# Florenzi: lesione al menisco. Sarà operato.



## admin (5 Aprile 2022)

Calciomercato.com: lesione al menisco per Florenzi. Sarà operato nella giornata di domani in artroscopia.


----------



## Trumpusconi (5 Aprile 2022)

admin ha scritto:


> Calciomercato.com: lesione al menisco per Florenzi. Sarà operato nella giornata di domani.


Così, all'improvviso. Assurdo.


----------



## kYMERA (5 Aprile 2022)

Ma si giusto per non farci mancare niente.


----------



## Goro (5 Aprile 2022)

Salutiamo Florenzi


----------



## Toby rosso nero (5 Aprile 2022)




----------



## Swaitak (5 Aprile 2022)

admin ha scritto:


> Calciomercato.com: lesione al menisco per Florenzi. Sarà operato nella giornata di domani in artroscopia.


eh?
a sto punto ci siamo giocati l'acquisto, spero


----------



## MissRossonera (5 Aprile 2022)

admin ha scritto:


> Calciomercato.com: lesione al menisco per Florenzi. Sarà operato nella giornata di domani in artroscopia.
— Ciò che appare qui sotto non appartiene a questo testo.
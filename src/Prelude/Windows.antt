-- ===== src/Prelude/Windows.antt =====
-- Rings with free-running 8-bit indexes that are masked on access, as queues.
use Prim.Native.Nat.{ℕ, zero, suc, ◌+◌, ◌-◌, ◌%◌, ◌^◌, ◌≤◌, ◌<◌}
use mathlib.Core.Path.{◌≡◌, refl, sym, ap, ap₂, ◌∙◌}
use mathlib.Core.Logic.{◌≢◌}
use mathlib.Core.List.{List, [], ◌∷◌, ◌++◌}
use native.Mathlib.Omega.{arith}
use open_controller.Prelude.Lists.{
  length, get_or, set, take, take-append_at, get_or-set_self, get_or-set_ne,
}
use open_controller.Prelude.Words.{u8, sub8}

-- A ring of a size that divides 2 ^ 8, told by what its masks do.
pub record IsRingSize (size : ℕ) : Type 0 where
  pub apart : (i n : ℕ) → 0 < n → n < size → (i + n) % size ≢ i % size
  pub wraps : (i : ℕ) → u8 i % size ≡ i % size
  pub bounded : (i : ℕ) → i % size < size
  pub below : size < 2 ^ 8

-- A list with another last element.
unfoldable pub replace_last {ℓ} : {A : Type ℓ} → List A → A → List A
replace_last xs a = take (length xs - 1) xs ++ a ∷ []

module _ {A : Type 0} (size : ℕ) (ok : IsRingSize size) (default : A) where
  -- So many elements of a ring from an index on.
  unfoldable pub ring_window : List A → ℕ → ℕ → List A
  ring_window ring i zero = []
  ring_window ring i (suc n) = get_or ring (i % size) default ∷ ring_window ring (i + 1) n

  -- Those from the index `from` up to the index `to`.
  unfoldable pub ring_contents : List A → ℕ → ℕ → List A
  ring_contents ring from to = ring_window ring from (sub8 to from)

  length-ring_window : (ring : List A) (i n : ℕ) → length (ring_window ring i n) ≡ n
  unfolding ring_window
  length-ring_window ring i zero = refl
  length-ring_window ring i (suc n) = ap suc (length-ring_window ring (i + 1) n)

  pub length-ring_contents :
      (ring : List A) (from to : ℕ) → length (ring_contents ring from to) ≡ sub8 to from
  unfolding ring_contents
  length-ring_contents ring from to = length-ring_window ring from (sub8 to from)

  pub ring_window-last :
      (ring : List A) (i n : ℕ)
      → ring_window ring i (suc n)
        ≡ ring_window ring i n ++ get_or ring ((i + n) % size) default ∷ []
  unfolding ring_window
  ring_window-last ring i zero =
      let e : i ≡ i + 0 = omega arith in ap (λ i. get_or ring (i % size) default ∷ []) e
  ring_window-last ring i (suc n) =
      let e : i + 1 + n ≡ i + suc n = omega arith in
      ap (λ xs. get_or ring (i % size) default ∷ xs)
        (ring_window-last ring (i + 1) n
          ∙ ap (λ k. ring_window ring (i + 1) n ++ get_or ring (k % size) default ∷ []) e)

  -- A write behind the window does not show in it.
  ring_window-set :
      (ring : List A) (i n m : ℕ) (a : A)
      → n ≤ m
      → m < size
      → ring_window (set ring ((i + m) % size) a) i n ≡ ring_window ring i n
  unfolding ring_window
  ring_window-set ring i zero m a h k = refl
  ring_window-set ring i (suc n) zero a h k = absurd (omega arith)
  ring_window-set ring i (suc n) (suc m) a h k =
      let e : i + suc m ≡ i + 1 + m = omega arith in
      ap₂ (λ x xs. x ∷ xs)
        (get_or-set_ne ring ((i + suc m) % size) (i % size) a default
          (ok.apart i (suc m) (omega arith) k))
        (ap (λ j. ring_window (set ring (j % size) a) (i + 1) n) e
          ∙ ring_window-set ring (i + 1) n m a (omega arith) (omega arith))

  ring_window-u8 : (ring : List A) (i n : ℕ) → ring_window ring (u8 i) n ≡ ring_window ring i n
  unfolding ring_window
  ring_window-u8 ring i zero = refl
  ring_window-u8 ring i (suc n) =
      let k : u8 (u8 i + 1) ≡ u8 (i + 1) = omega arith in
      ap₂ (λ j xs. get_or ring j default ∷ xs) (ok.wraps i)
        (sym (ring_window-u8 ring (u8 i + 1) n)
          ∙ ap (λ j. ring_window ring j n) k
          ∙ ring_window-u8 ring (i + 1) n)

  module _ (ring : List A) (from to : ℕ) (f : from < 2 ^ 8) (t : to < 2 ^ 8) where
    -- With room, an element written at `to` goes behind the others.
    pub ring_contents-push :
        (a : A)
        → length ring ≡ size
        → sub8 to from < size
        → ring_contents (set ring (to % size) a) from (u8 (to + 1))
          ≡ ring_contents ring from to ++ a ∷ []
    unfolding ring_contents
    ring_contents-push a l h =
        let n = sub8 to from in
        let e : to ≡ u8 (from + n) = omega arith in
        let k : sub8 (u8 (to + 1)) from ≡ suc n = omega (arith, ok.below) in
        ap₂ (λ i m. ring_window (set ring i a) from m) (ap (λ i. i % size) e ∙ ok.wraps (from + n))
          k
        ∙ ring_window-last (set ring ((from + n) % size) a) from n
        ∙ ap₂ (λ xs x. xs ++ x ∷ []) (ring_window-set ring from n n a (omega arith) h)
            (get_or-set_self ring ((from + n) % size) a default
              (omega (arith, l, ok.bounded (from + n))))

    -- The element at `from` is the first.
    pub ring_contents-pop :
        from ≢ to
        → ring_contents ring from to
          ≡ get_or ring (from % size) default ∷ ring_contents ring (u8 (from + 1)) to
    unfolding ring_contents ring_window
    ring_contents-pop h =
        let n = sub8 to (u8 (from + 1)) in
        let k : sub8 to from ≡ suc n = omega arith in
        ap (λ m. ring_window ring from m) k
        ∙ ap (λ xs. get_or ring (from % size) default ∷ xs) (sym (ring_window-u8 ring (from + 1) n))

    -- A write in front of `to` replaces the last.
    pub ring_contents-replace :
        (a : A)
        → length ring ≡ size
        → 0 < sub8 to from
        → sub8 to from ≤ size
        → ring_contents (set ring (sub8 to 1 % size) a) from to
          ≡ replace_last (ring_contents ring from to) a
    unfolding ring_contents replace_last
    ring_contents-replace a l h k =
        let n = sub8 to from in
        let m = n - 1 in
        let ring' = set ring ((from + m) % size) a in
        let e : n ≡ suc m = omega arith in
        let j : sub8 to 1 ≡ u8 (from + m) = omega arith in
        let old = ring_window ring from m in
        let shorter : take m (ring_window ring from n) ≡ old =
          ap (take m) (ap (ring_window ring from) e ∙ ring_window-last ring from m)
          ∙ take-append_at old _ m (sym (length-ring_window ring from m)) in
        ap₂ (λ i b. ring_window (set ring i a) from b) (ap (λ i. i % size) j ∙ ok.wraps (from + m))
          e
        ∙ ring_window-last ring' from m
        ∙ ap₂ (λ xs x. xs ++ x ∷ []) (ring_window-set ring from m m a (omega arith) (omega arith))
            (get_or-set_self ring ((from + m) % size) a default
              (omega (arith, l, ok.bounded (from + m))))
        ∙ ap (λ xs. xs ++ a ∷ [])
            (sym (
              ap (λ b. take (b - 1) (ring_window ring from n)) (length-ring_window ring from n)
              ∙ shorter))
Se qualcosa può andare storto, stai sicuro che andrà storto. Nel nostro caso, tipo tutto.


----------



## UDG (5 Aprile 2022)

Si sarà fatto male quando ha calciato in porta


----------



## Andris (5 Aprile 2022)

fatto come ?
con l'ultimo tiro in porta ?
neanche al calcetto degli amici...
praticamente addio riscatto, spiace per il ragazzo che si stavo ritrovando


----------



## 28Maggio2003 (5 Aprile 2022)

Swaitak ha scritto:


> eh?
> a sto punto ci siamo giocati l'acquisto, spero



In un mese torna come Tomori e comunque, anche se ieri quando è entrato si è limitato a lanciare lungo, è sempre meglio di Calabria che è un confusionario assurdo


----------



## Swaitak (5 Aprile 2022)

28Maggio2003 ha scritto:


> In un mese torna come Tomori e comunque, anche se ieri quando è entrato si è limitato a lanciare lungo, è sempre meglio di Calabria che è un confusionario assurdo


due operazioni in un anno non mi sembrano una buona cosa però


----------



## 28Maggio2003 (5 Aprile 2022)

Swaitak ha scritto:


> due operazioni in un anno non mi sembrano una buona cosa però



Quello è vero, ho visto ora che è lo stesso ginocchio


----------



## Cataldinho (5 Aprile 2022)

Ma come? nel sonno? menisco a colazione


----------



## emamilan99 (5 Aprile 2022)

admin ha scritto:


> Calciomercato.com: lesione al menisco per Florenzi. Sarà operato nella giornata di domani in artroscopia.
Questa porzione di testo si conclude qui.